Source data:
-- ===== src/Tcp/Success.antt =====
-- The transport of src/tcp.rs on a stream at whose other end somebody answers: every call returns.
use modbus_bridge_rs.Base.{
  ℕ, zero, suc, ◌+◌, ◌-◌, ◌≤◌, ◌<◌, ◌≡◌, refl, sym, ap, ◌∙◌, List, [], ◌∷◌, ◌++◌, arith, length,
  take, drop, take-append-drop, append-take-drop, length-append, length-drop, length-take, le→ltb,
  lt→ltb, get_or,
}
use mathlib.Core.List.{append_assoc, append-nil}
use modbus_bridge_rs.Base.Outcome.{done, Exec, ◌>>=◌}
use modbus_bridge_rs.Base.Runs.{Runs, Runs-weaken, Runs-bind}
use modbus_bridge_rs.Heapless.{Heapless, IsHeapless}
use modbus_bridge_rs.Io.{Io, IsIo, Traffic}
use modbus_bridge_rs.Io.Responsive.{IsResponsive, Faces, read_part-runs}
use modbus_bridge_rs.Tcp.{
  TcpError, tcp_buf, after_read, read_exact_loop, read_exact, or_push, read_bytes, listen,
}
use modbus_bridge_rs.Frame.{from_be_bytes}

-- A frame that `listen` takes and the conversions accept: an MBAP header that states the length,
-- a PDU, and at most 261 bytes.
abbrev pub IsTcpAdu : List ℕ → Type 0
IsTcpAdu adu =
    (7 ≤ length adu)
    × (length adu ≡ 6 + from_be_bytes (get_or adu 4 0) (get_or adu 5 0))
    × (length adu ≤ tcp_buf)

module _ {S E : Type 0} {io : Io S E} {t : Traffic S} {script : S → List ℕ → List ℕ}
    (lawful : IsIo io t) (live : IsResponsive io t script) (says : List ℕ → List ℕ) where
  -- One answer of the stream, then the rest of the loop.
  after_read-runs :
      (rest : List ℕ → Exec S (TcpError E) (List ℕ)) (len b k : ℕ) (out inn buf w more : List ℕ)
      (s s' : S)
      → ((buf' w' inn' : List ℕ) (s'' : S)
          → length buf' + length w' ≡ len
          → length w' ≤ length w
          → Faces lawful live says out inn' s''
          → says out ≡ inn' ++ (w' ++ more)
          → Runs (rest buf') s'' (buf' ++ w') (Faces lawful live says out (inn' ++ w')))
      → length buf + suc (length w) ≡ len
      → k ≤ length w
      → io.read (len - length buf) s ≡ (done (b ∷ take k w), s')
      → Faces lawful live says out (inn ++ (b ∷ take k w)) s'
      → says out ≡ inn ++ (b ∷ (w ++ more))
      → Runs
          (λ u.
            after_read io rest buf
              (io.read (len - length buf) u).0
              (io.read (len - length buf) u).1)
          s
          (buf ++ (b ∷ w))
          (Faces lawful live says out (inn ++ (b ∷ w)))
  after_read-runs rest len b k out inn buf w more s s' runs size small gives a e =
      let (s'', goes, a') =
        rw (append-take-drop buf b k w, append-take-drop inn b k w) at
          (runs (buf ++ (b ∷ take k w)) (drop k w) (inn ++ (b ∷ take k w)) s'
            (omega (arith, length-append buf (b ∷ take k w), length-take k w, length-drop k w))
            (omega (arith, length-drop k w)) a
            (e
              ∙ ap (λ l. inn ++ (b ∷ (l ++ more))) (sym (take-append-drop k w))
              ∙ ap (λ l. inn ++ (b ∷ l)) (append_assoc (take k w) (drop k w) more)
              ∙ sym (append_assoc inn (b ∷ take k w) (drop k w ++ more)))) in
      (s'', ap (λ r. after_read io rest buf r.0 r.1) gives ∙ goes, a')

  read_exact_loop-runs :
      (fuel len : ℕ) (out inn buf w more : List ℕ) (s : S)
      → length buf + length w ≡ len
      → length w < fuel
      → Faces lawful live says out inn s
      → says out ≡ inn ++ (w ++ more)
      → Runs (read_exact_loop io fuel len buf) s (buf ++ w) (Faces lawful live says out (inn ++ w))
  unfolding read_exact_loop
  read_exact_loop-runs zero len out inn buf w more s size h a e = absurd (omega arith)
  read_exact_loop-runs (suc fuel) len out inn buf [] more s size h a e =
      rw (le→ltb (length buf) len (omega arith)) (s, rw append-nil, rw append-nil a)
  read_exact_loop-runs (suc fuel) len out inn buf (b ∷ w) more s size h a e =
      let (k, small, (s', gives, a')) =
        read_part-runs lawful live says out inn b w more (len - length buf) s (omega arith) a e in
      rw (lt→ltb (length buf) len (omega arith)) (
        after_read-runs (read_exact_loop io fuel len) len b k out inn buf w more s s'
          (λ buf' w' inn' u size' short a'' e'.
            read_exact_loop-runs fuel len out inn' buf' w' more u size' (omega arith) a'' e')
          size small gives a' e)

  -- The next `len` bytes, however the stream parts them.
  pub read_exact-runs :
      (len : ℕ) (out inn w more : List ℕ) (s : S)
      → length w ≡ len
      → Faces lawful live says out inn s
      → says out ≡ inn ++ (w ++ more)
      → Runs (read_exact io len) s w (Faces lawful live says out (inn ++ w))
  unfolding read_exact
  read_exact-runs len out inn w more s size =
      read_exact_loop-runs (len + 1) len out inn [] w more s (omega arith) (omega arith)

  module _ {h : Heapless} (vec : IsHeapless h) where
    -- The next bytes, one at a time.
    pub read_bytes-runs :
        (n : ℕ) (out inn v w more : List ℕ) (s : S)
        → length w ≡ n
        → length v + n ≤ tcp_buf
        → Faces lawful live says out inn s
        → says out ≡ inn ++ (w ++ more)
        → Runs (read_bytes h io n v) s (v ++ w) (Faces lawful live says out (inn ++ w))
    unfolding read_bytes
    read_bytes-runs zero out inn v [] more s size fits a e = (s, rw append-nil, rw append-nil a)
    read_bytes-runs zero out inn v (b ∷ w) more s size fits a e = absurd (omega arith)
    read_bytes-runs (suc n) out inn v [] more s size fits a e = absurd (omega arith)
    read_bytes-runs (suc n) out inn v (b ∷ w) more s size fits a e =
        Runs-bind (read_exact io 1)
          (λ byte. or_push h io (h.push tcp_buf (get_or byte 0 0) v) >>= λ v'. read_bytes h io n v')
          s (b ∷ []) (v ++ (b ∷ w)) (Faces lawful live says out (inn ++ (b ∷ [])))
          (Faces lawful live says out (inn ++ (b ∷ w)))
          (read_exact-runs 1 out inn (b ∷ []) (w ++ more) s refl a e)
          (λ s' a'. rw (vec.push_fits tcp_buf b v (omega arith)) (
            rw (append_assoc v (b ∷ []) w, append_assoc inn (b ∷ []) w) at
              (read_bytes-runs n out (inn ++ (b ∷ [])) (v ++ (b ∷ [])) w more s' (omega arith)
                (omega (arith, length-append v (b ∷ []))) a'
                (e ∙ sym (append_assoc inn (b ∷ []) (w ++ more))))))

    listen_frame :
        (a b c d hi lo : ℕ) (out inn k more : List ℕ) (s : S)
        → length k ≡ from_be_bytes hi lo
        → 6 + length k ≤ tcp_buf
        → Faces lawful live says out inn s
        → says out ≡ inn ++ ((a ∷ b ∷ c ∷ d ∷ hi ∷ lo ∷ k) ++ more)
        → Runs
            (listen h io)
            s
            (a ∷ b ∷ c ∷ d ∷ hi ∷ lo ∷ k)
            (Faces lawful live says out (inn ++ (a ∷ b ∷ c ∷ d ∷ hi ∷ lo ∷ k)))
    unfolding listen
    listen_frame a b c d hi lo out inn k more s size fits f e =
        let mbap : List ℕ = a ∷ b ∷ c ∷ d ∷ hi ∷ lo ∷ [] in
        let req : List ℕ = a ∷ b ∷ c ∷ d ∷ hi ∷ lo ∷ k in
        Runs-bind (read_exact io 6) _ s mbap req (Faces lawful live says out (inn ++ mbap))
          (Faces lawful live says out (inn ++ req))
          (read_exact-runs 6 out inn mbap (k ++ more) s refl f e)
          (λ s' f'. rw (vec.extend_fits tcp_buf mbap [] (omega arith)) (
            Runs-weaken (read_bytes h io (from_be_bytes hi lo) mbap) s' req
              (Faces lawful live says out (inn ++ mbap ++ k))
              (Faces lawful live says out (inn ++ req))
              (read_bytes-runs (from_be_bytes hi lo) out (inn ++ mbap) mbap k more s' size
                (omega arith) f' (e ∙ sym (append_assoc inn mbap (k ++ more))))
              (λ u g. rw (append_assoc inn mbap k) at g)))

    -- A frame of the length that its header states, if it fits the buffer.
    pub listen-runs :
        (out inn req more : List ℕ) (s : S)
        → length req ≡ 6 + from_be_bytes (get_or req 4 0) (get_or req 5 0)
        → length req ≤ tcp_buf
        → Faces lawful live says out inn s
        → says out ≡ inn ++ (req ++ more)
        → Runs (listen h io) s req (Faces lawful live says out (inn ++ req))
    listen-runs out inn [] more s size fits = absurd (omega arith)
    listen-runs out inn (a ∷ []) more s size fits = absurd (omega arith)
    listen-runs out inn (a ∷ b ∷ []) more s size fits = absurd (omega arith)
    listen-runs out inn (a ∷ b ∷ c ∷ []) more s size fits = absurd (omega arith)
    listen-runs out inn (a ∷ b ∷ c ∷ d ∷ []) more s size fits = absurd (omega arith)
    listen-runs out inn (a ∷ b ∷ c ∷ d ∷ hi ∷ []) more s size fits = absurd (omega arith)
    listen-runs out inn (a ∷ b ∷ c ∷ d ∷ hi ∷ lo ∷ k) more s size fits =
        listen_frame a b c d hi lo out inn k more s (omega arith) (omega arith)
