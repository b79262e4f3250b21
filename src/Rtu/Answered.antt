-- ===== src/Rtu/Answered.antt =====
-- `send` and `send_and_receive` of src/rtu.rs on a port at whose other end somebody answers.
use modbus_bridge_rs.Base.{ℕ, ◌≤◌, ◌≡◌, refl, List, ◌++◌, length}
use modbus_bridge_rs.Base.Outcome.{Exec, ok, map_fail}
use modbus_bridge_rs.Base.Runs.{Runs, Runs-then, Runs-map_fail, Runs-zoom}
use modbus_bridge_rs.Error.{ModbusError}
use modbus_bridge_rs.Heapless.{Heapless, IsHeapless}
use modbus_bridge_rs.Frame.{check_crc, response_cap}
use modbus_bridge_rs.Io.{Io, IsIo, OutputPin, Traffic, write_all}
use modbus_bridge_rs.Io.Responsive.{IsResponsive, Faces, flush-runs, write_all-runs}
use modbus_bridge_rs.Rtu.{ModbusRtu, on_serial, drive_high, send, receive, send_and_receive}
use modbus_bridge_rs.Rtu.Frames.{response_length}
use modbus_bridge_rs.Rtu.Replies.{receive-runs}

module _ {S TX E : Type 0} {io : Io S E} (pin : OutputPin TX) {t : Traffic S}
    {script : S → List ℕ → List ℕ} (lawful : IsIo io t) (live : IsResponsive io t script)
    (says : List ℕ → List ℕ) where
  -- A method that touches only the port.
  pub on_serial-runs :
      {A F : Type 0} (m : Exec S F A) (r : ModbusRtu S TX) (a : A) (out inn : List ℕ)
      → Runs m r.serial a (Faces lawful live says out inn)
      → Runs (on_serial m) r a (λ r'. Faces lawful live says out inn r'.serial)
  on_serial-runs m r a out inn runs =
      Runs-zoom (λ u. u.serial) (λ s u. record u { serial = s }) m r a
        (Faces lawful live says out inn) (λ r'. Faces lawful live says out inn r'.serial) runs
        (λ _ p. p)

  abbrev On : List ℕ → List ℕ → ModbusRtu S TX → Type 0
  On out inn r = Faces lawful live says out inn r.serial

  pub send-runs :
      (out inn payload : List ℕ) (r : ModbusRtu S TX)
      → On out inn r
      → Runs (send io pin payload) r tt (On (out ++ payload) inn)
  unfolding send
  send-runs out inn payload r a =
      let driven : ModbusRtu S TX → ModbusRtu S TX =
        λ r'. record r' { tx_en = (pin.set_high r'.tx_en).1 } in
      Runs-then (on_serial io.flush) _ r tt tt (On out inn) (On (out ++ payload) inn)
        (on_serial-runs io.flush r tt out inn (flush-runs lawful live says out inn r.serial a))
        (λ r' a'.
          Runs-then (drive_high io pin) _ r' tt tt (On out inn) (On (out ++ payload) inn)
            (driven r', refl, a')
            (λ u b.
              Runs-then (on_serial (write_all io payload)) _ u tt tt (On (out ++ payload) inn)
                (On (out ++ payload) inn)
                (on_serial-runs (write_all io payload) u tt (out ++ payload) inn
                  (write_all-runs lawful live says out inn payload u.serial b))
                (λ v c.
                  Runs-then (on_serial io.flush) _ v tt tt (On (out ++ payload) inn)
                    (On (out ++ payload) inn)
                    (on_serial-runs io.flush v tt (out ++ payload) inn
                      (flush-runs lawful live says (out ++ payload) inn v.serial c))
                    (λ w d. (record w { tx_en = (pin.set_low w.tx_en).1 }, refl, d)))))

  -- The device answers once it has been told the request.
  pub send_and_receive-runs :
      {h : Heapless} (vec : IsHeapless h) (out inn req resp more : List ℕ) (r : ModbusRtu S TX)
      → check_crc resp ≡ ok tt
      → length resp ≡ response_length resp
      → length resp ≤ response_cap
      → On out inn r
      → says (out ++ req) ≡ inn ++ (resp ++ more)
      → Runs (send_and_receive h io pin req) r resp (On (out ++ req) (inn ++ resp))
  unfolding send_and_receive
  send_and_receive-runs {h} vec out inn req resp more r valid size fits a e =
      Runs-then (map_fail ModbusError.serial (send io pin req)) (on_serial (receive h io)) r tt resp
        (On (out ++ req) inn) (On (out ++ req) (inn ++ resp))
        (Runs-map_fail ModbusError.serial (send io pin req) r tt (On (out ++ req) inn)
          (send-runs out inn req r a))
        (λ r' a'. on_serial-runs (receive h io) r' resp (out ++ req) (inn ++ resp) (
          receive-runs lawful live says vec (out ++ req) inn resp more r'.serial valid size fits a'
            e))
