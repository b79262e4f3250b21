-- ===== src/ClientSession/Relay.antt =====
-- The relay of a response in src/client_session.rs, on every frame that `listen` returns.
use modbus_bridge_rs.Base.{
  ℕ, ◌+◌, ◌-◌, ◌≤◌, ◌≡◌, refl, inl, inr, Option, none, some, List, ◌++◌, Bool, true, false, not,
  arith, length, drop, ltb, leb, ltb→le, le→ltb, Bool-cases, if◌then◌else◌, get_or, ◌==◌, ==_refl,
  take_all, length-append, length-drop,
}
use modbus_bridge_rs.Base.Outcome.{ok, err}
use modbus_bridge_rs.Error.{ModbusError}
use modbus_bridge_rs.Heapless.{Heapless, IsHeapless}
use modbus_bridge_rs.Frame.{crc, from_be_bytes, tcp_resp_to_rtu}
use modbus_bridge_rs.Frame.Check.{length-crc}
use modbus_bridge_rs.Frame.Convert.{request_tid, tcp_resp_to_rtu_lem}
use modbus_bridge_rs.Event.{Warning, buffer_overflow, transaction_id_mismatch}
use modbus_bridge_rs.ClientSession.{relay_response}

-- A frame whose length field states its length and that fits the buffer of src/tcp.rs.
abbrev pub IsSized : List ℕ → Type 0
IsSized resp =
    (length resp ≡ 6 + from_be_bytes (get_or resp 4 0) (get_or resp 5 0)) × (length resp ≤ 261)

-- The warning of a response to another transaction.
abbrev pub tid_warning : ℕ → List ℕ → Option Warning
tid_warning tid resp =
    if request_tid resp == tid then none else some (transaction_id_mismatch tid (request_tid resp))

-- The low byte of the length is all of it.
stated_pdu-IsSized : (resp : List ℕ) → IsSized resp → get_or resp 5 0 ≡ length resp - 6
stated_pdu-IsSized resp (size, room) = omega arith

if_not : {A : Type 0} (b : Bool) (x y : A) → (if not b then x else y) ≡ (if b then y else x)
if_not true x y = refl
if_not false x y = refl

le→leb : (a b : ℕ) → a ≤ b → leb a b ≡ true
le→leb a b h = ground arith

module _ {h : Heapless} (vec : IsHeapless h) where
  -- The conversion under the response's own id.
  pub tcp_resp_to_rtu-IsSized :
      (resp : List ℕ) (tid : ℕ)
      → IsSized resp
      → 7 ≤ length resp
      → tcp_resp_to_rtu h resp tid ≡ (
          if request_tid resp == tid
          then ok (drop 6 resp ++ crc (drop 6 resp))
          else err ModbusError.invalid_transaction_id)
  tcp_resp_to_rtu-IsSized resp tid sized long =
      rw
        (
          tcp_resp_to_rtu_lem vec resp tid,
          le→ltb (length resp) 7 long,
          stated_pdu-IsSized resp sized,
          le→ltb (length resp) (6 + (length resp - 6)) (omega arith),
          take_all (length resp - 6) (drop 6 resp) (omega (arith, length-drop 6 resp)),
          le→leb (length (drop 6 resp ++ crc (drop 6 resp))) 512 (
              omega (
                arith,
                length-append (drop 6 resp) (crc (drop 6 resp)),
                length-crc (drop 6 resp),
                length-drop 6 resp,
                sized.1,
              )),
        )
        (if_not (request_tid resp == tid) (err ModbusError.invalid_transaction_id)
          (ok (drop 6 resp ++ crc (drop 6 resp))))

  module _ {SE TE : Type 0} (resp : List ℕ) (tid : ℕ) (sized : IsSized resp) where
    -- A response with a PDU goes on to the master whole, with a CRC and, if it is for another
    -- transaction, a warning with both ids; one without a PDU is refused.
    pub relay_response_lem : relay_response {SE = SE} {TE = TE} h resp tid ≡ (
        if ltb (length resp) 7
        then err buffer_overflow
        else ok (drop 6 resp ++ crc (drop 6 resp), tid_warning tid resp))
    unfolding relay_response
    relay_response_lem = elim (Bool-cases (ltb (length resp) 7)) [
      | inl short ↦ rw (tcp_resp_to_rtu_lem vec resp tid, short)
      | inr long ↦ elim (Bool-cases (request_tid resp == tid)) [
        | inl same ↦ rw (tcp_resp_to_rtu-IsSized resp tid sized (ltb→le _ _ long), same, long)
        | inr other ↦
            rw (tcp_resp_to_rtu-IsSized resp tid sized (ltb→le _ _ long), other, long)
              (rw (le→ltb (length resp) 2 (omega (arith, ltb→le _ _ long))) (
                rw (
                  tcp_resp_to_rtu-IsSized resp (request_tid resp) sized (ltb→le _ _ long),
                  ==_refl (request_tid resp),
                )))
      ]
    ]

Your goal: Starting with the line above that holds "stated_pdu-IsSized resp (size, room)" and stopping with the line that holds "unfolding relay_response", reproduce each line exactly, omitting all other lines.

Exercise answer:
stated_pdu-IsSized resp (size, room) = omega arith

if_not : {A : Type 0} (b : Bool) (x y : A) → (if not b then x else y) ≡ (if b then y else x)
if_not true x y = refl
if_not false x y = refl

le→leb : (a b : ℕ) → a ≤ b → leb a b ≡ true
le→leb a b h = ground arith

module _ {h : Heapless} (vec : IsHeapless h) where
  -- The conversion under the response's own id.
  pub tcp_resp_to_rtu-IsSized :
      (resp : List ℕ) (tid : ℕ)
      → IsSized resp
      → 7 ≤ length resp
      → tcp_resp_to_rtu h resp tid ≡ (
          if request_tid resp == tid
          then ok (drop 6 resp ++ crc (drop 6 resp))
          else err ModbusError.invalid_transaction_id)
  tcp_resp_to_rtu-IsSized resp tid sized long =
      rw
        (
          tcp_resp_to_rtu_lem vec resp tid,
          le→ltb (length resp) 7 long,
          stated_pdu-IsSized resp sized,
          le→ltb (length resp) (6 + (length resp - 6)) (omega arith),
          take_all (length resp - 6) (drop 6 resp) (omega (arith, length-drop 6 resp)),
          le→leb (length (drop 6 resp ++ crc (drop 6 resp))) 512 (
              omega (
                arith,
                length-append (drop 6 resp) (crc (drop 6 resp)),
                length-crc (drop 6 resp),
                length-drop 6 resp,
                sized.1,
              )),
        )
        (if_not (request_tid resp == tid) (err ModbusError.invalid_transaction_id)
          (ok (drop 6 resp ++ crc (drop 6 resp))))

  module _ {SE TE : Type 0} (resp : List ℕ) (tid : ℕ) (sized : IsSized resp) where
    -- A response with a PDU goes on to the master whole, with a CRC and, if it is for another
    -- transaction, a warning with both ids; one without a PDU is refused.
    pub relay_response_lem : relay_response {SE = SE} {TE = TE} h resp tid ≡ (
        if ltb (length resp) 7
        then err buffer_overflow
        else ok (drop 6 resp ++ crc (drop 6 resp), tid_warning tid resp))
    unfolding relay_response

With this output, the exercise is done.